Using the data below, return every line that holds the word "where".

*** Opening Given entries ***

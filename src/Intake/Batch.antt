-- ===== src/Intake/Batch.antt =====
-- apps/api/src/modules/sync/batch.ts and `recordDeadLetter` of snapshot.ts: the events of a batch
-- one after the other, each with its acknowledgement. The clock is read once for a batch.
pub mod Acks
pub mod Dependencies
pub mod Settled
pub mod Stays
pub mod Reported
pub mod Known
pub mod Once
pub mod Late
use trinetra_systems.Common.{
  ℕ, filter, any, includes, string_eq, leb, ltb, nat_eq, Bool, true, false, not, ◌&&◌, ◌||◌, List,
  [], ◌∷◌, ◌++◌, Option, none, some, String, ◌==◌, ◌!=◌, map, if◌then◌else◌,
}
use trinetra_systems.Edge.Events.{EventPriority}
use trinetra_systems.Edge.Store.{or_default, or_other}
use trinetra_systems.Edge.Sync.{
  AckStatus, accepted, already_processed, conflict, rejected, dependency_pending,
}
use trinetra_systems.Intake.{
  EventType, weight_reading, anpr_detection, status_changed, scan_completed, transaction_created,
  transaction_state, weight_anomaly, file_captured, connectivity_changed, Envelope, RawEnvelope,
  unreadable, readable, BatchItem, Gateway, Device, IngestStatus, IngestedEvent, ConflictReason,
  DeadLetter, IntakeAction, Db, Failure, http, crashed, Attempt, done, threw, Handlers,
}
use trinetra_systems.Intake.Window.{max_sync_event_age_ms, envelope_error}
use trinetra_systems.Intake.Ingest.{
  find_ingested, is_settled, update_ingested, new_ingested, with_ingested, with_core, audited,
  ingest_gateway_event,
}
use trinetra_systems.Intake.Conflict.{detect_conflict}
use trinetra_systems.Intake.Answers.{
  AckMessage, SyncAck, is_successful_ack, ack, rejected_ack, accepted_ack, status_of, already_ack,
  duplicate_ack, conflict_ack, failure_message, is_dependency, is_permanent, failure_ack,
  upsert_dead_letter, synced_row, settled_row,
}

-- `accepted_ids` is the set `accepted`.
pub record State {ℓ} (C : Type ℓ) : Type ℓ where
  pub db : Db C
  pub accepted_ids : List String

module _ {ℓ} {C : Type ℓ} where
  unfoldable pub is_processed : Gateway → Db C → String → Bool
  is_processed gateway db id = elim (find_ingested id db.ingested) [
    | none ↦ false
    | some row ↦ row.gateway_id == gateway.id && is_settled row
  ]

  abbrev pub has_device : Gateway → Db C → Bool
  has_device gateway db =
      any
        (λ (d : Device). d.gateway_id == gateway.id && d.organization_id == gateway.organization_id)
        db.devices

  abbrev pub remember_new : Gateway → Envelope → Db C → Option IngestedEvent → Db C
  remember_new gateway e db (some row) = db
  remember_new gateway e db none =
      if has_device gateway db
      then with_ingested
          (db.ingested
            ++ record (new_ingested e.event_id gateway.id IngestStatus.processed) {
              local_transaction_id = e.local_transaction_id;
              ack_status = some AckStatus.accepted;
            }
              ∷ [])
          db
      else db

  unfoldable pub remember_event : Gateway → Envelope → Db C → Db C
  remember_event gateway e db = remember_new gateway e db (find_ingested e.event_id db.ingested)

  -- what the cases of `processSpecialEvent` do after their handler
  abbrev pub remembered {κ} :
      {A : Type κ}
      → Gateway
      → Envelope
      → (A → SyncAck)
      → Db C
      → C × Attempt A
      → Db C × Attempt SyncAck
  remembered gateway e answer db (core, result) = elim result [
    | threw f ↦ (with_core core db, Attempt.threw f)
    | done a ↦ (remember_event gateway e (with_core core db), Attempt.done (answer a))
  ]

  abbrev pub special :
      Handlers C → Gateway → Envelope → EventType → Db C → Option (Db C × Attempt SyncAck)
  special h gateway e transaction_created db = some (
      remembered gateway e (λ (p : String × Bool). already_ack e.event_id none (some p.0) p.1) db
        (h.upsert_local_transaction e db.core))
  special h gateway e transaction_state db = some (
      remembered gateway e (accepted_ack e.event_id) db (h.apply_local_transaction_state e db.core))
  special h gateway e weight_anomaly db = some (
      remembered gateway e (λ created. already_ack e.event_id none none (not created)) db
        (h.ingest_local_weight_anomaly e db.core))
  special h gateway e file_captured db =
      some (remember_event gateway e db, Attempt.done (accepted_ack e.event_id none))
  special h gateway e connectivity_changed db =
      some (remember_event gateway e db, Attempt.done (accepted_ack e.event_id none))
  special h gateway e weight_reading db = none
  special h gateway e anpr_detection db = none
  special h gateway e status_changed db = none
  special h gateway e scan_completed db = none

  unfoldable pub process_special_event :
      Handlers C → Gateway → Envelope → Db C → Option (Db C × Attempt SyncAck)
  process_special_event h gateway e db = special h gateway e e.event_type db

  abbrev pub synced_special : Envelope → Db C × Attempt SyncAck → Db C × Attempt SyncAck
  synced_special e (db, result) = elim result [
    | threw f ↦ (db, Attempt.threw f)
    | done a ↦ (audited IntakeAction.event_synced e.event_id db, Attempt.done a)
  ]

  abbrev pub synced_ingested :
      BatchItem → Envelope → Db C × Attempt (Option String × Bool) → Db C × Attempt SyncAck
  synced_ingested item e (db, result) = elim result [
    | threw f ↦ (db, Attempt.threw f)
    | done (weighment, already) ↦ (
      with_ingested (update_ingested e.event_id (synced_row item already) db.ingested) db,
      Attempt.done (already_ack e.event_id weighment none already),
    )
  ]

  abbrev pub after_special :
      Handlers C
      → Gateway
      → ℕ
      → BatchItem
      → Envelope
      → Db C
      → Option (Db C × Attempt SyncAck)
      → Db C × Attempt SyncAck
  after_special h gateway now item e db (some left) = synced_special e left
  after_special h gateway now item e db none =
      synced_ingested item e (ingest_gateway_event h gateway now e db)

  abbrev pub after_conflict :
      Handlers C
      → Gateway
      → ℕ
      → BatchItem
      → Envelope
      → Db C
      → Option (ConflictReason × String × Db C)
      → Db C × Attempt SyncAck
  after_conflict h gateway now item e db (some (reason, transaction, left)) =
      (left, Attempt.done (conflict_ack e.event_id reason transaction))
  after_conflict h gateway now item e db none =
      after_special h gateway now item e db (process_special_event h gateway e db)

  abbrev pub after_duplicate :
      Handlers C
      → Gateway
      → ℕ
      → BatchItem
      → Envelope
      → Db C
      → Option IngestedEvent
      → Db C × Attempt SyncAck
  after_duplicate h gateway now item e db (some row) =
      (db, Attempt.done (duplicate_ack e.event_id row.weighment_id))
  after_duplicate h gateway now item e db none =
      after_conflict h gateway now item e db
        (detect_conflict h gateway e (or_other item.local_transaction_id e.local_transaction_id) db)

  -- the `try` block
  unfoldable pub try_item :
      Handlers C → Gateway → ℕ → BatchItem → Envelope → Db C → Db C × Attempt SyncAck
  try_item h gateway now item e db =
      after_duplicate h gateway now item e db (settled_row (find_ingested e.event_id db.ingested))

  abbrev pub with_dead_letter : Envelope → Failure → Db C → Db C
  with_dead_letter e f db =
      if is_permanent f
      then record db {
        dead_letters =
            upsert_dead_letter
              (record { event_id = e.event_id; error = failure_message f; retry_count = 8 })
              db.dead_letters;
      }
      else db

  abbrev pub conclude : Envelope → List String → Db C × Attempt SyncAck → State C × SyncAck
  conclude e known (db, result) = elim result [
    | done a ↦ (
      record {
        db = db;
        accepted_ids = if is_successful_ack a.status then e.event_id ∷ known else known;
      },
      a,
    )
    | threw f ↦
        (record { db = with_dead_letter e f db; accepted_ids = known }, failure_ack e.event_id f)
  ]

  unfoldable pub missing : Gateway → List String → State C → List String
  missing gateway ids s =
      filter (λ id. not (includes s.accepted_ids id || is_processed gateway s.db id)) ids

  abbrev pub take_item :
      Handlers C → Gateway → ℕ → BatchItem → Envelope → List String → State C → State C × SyncAck
  take_item h gateway now item e [] s =
      conclude e s.accepted_ids (try_item h gateway now item e s.db)
  take_item h gateway now item e (id ∷ ids) s =
      (s, ack e.event_id AckStatus.dependency_pending (some (AckMessage.waiting_for (id ∷ ids))))

  abbrev pub in_window :
      Handlers C → Gateway → ℕ → BatchItem → Envelope → State C → Option String → State C × SyncAck
  in_window h gateway now item e s (some message) = (s, rejected_ack e.event_id message)
  in_window h gateway now item e s none =
      take_item h gateway now item e (missing gateway item.depends_on s) s

  abbrev pub read_item :
      Handlers C → Gateway → ℕ → BatchItem → Envelope → State C → State C × SyncAck
  read_item h gateway now item e s =
      in_window h gateway now item e s (envelope_error now max_sync_event_age_ms e)

  abbrev pub parsed :
      Handlers C → Gateway → ℕ → BatchItem → State C → RawEnvelope → State C × SyncAck
  parsed h gateway now item s (unreadable id message) =
      (s, rejected_ack (or_default id "UNKNOWN-EVENT") message)
  parsed h gateway now item s (readable e) = read_item h gateway now item e s

  -- the body of the loop
  unfoldable pub ingest_item : Handlers C → Gateway → ℕ → BatchItem → State C → State C × SyncAck
  ingest_item h gateway now item s = parsed h gateway now item s item.envelope

  unfoldable pub ingest_items :
      Handlers C → Gateway → ℕ → List BatchItem → State C → State C × List SyncAck
  ingest_items h gateway now [] s = (s, [])
  ingest_items h gateway now (item ∷ items) s =
      let (next, a) = ingest_item h gateway now item s in
      let (last, acks) = ingest_items h gateway now items next in (last, a ∷ acks)

  unfoldable pub ingest_sync_batch :
      Handlers C → Gateway → ℕ → List BatchItem → Db C → Db C × List SyncAck
  ingest_sync_batch h gateway now items db =
      let (s, acks) = ingest_items h gateway now items (record { db = db; accepted_ids = [] }) in
      (s.db, acks)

*** Closing Given entries ***

Solved problem
pub record State {ℓ} (C : Type ℓ) : Type ℓ where
module _ {ℓ} {C : Type ℓ} where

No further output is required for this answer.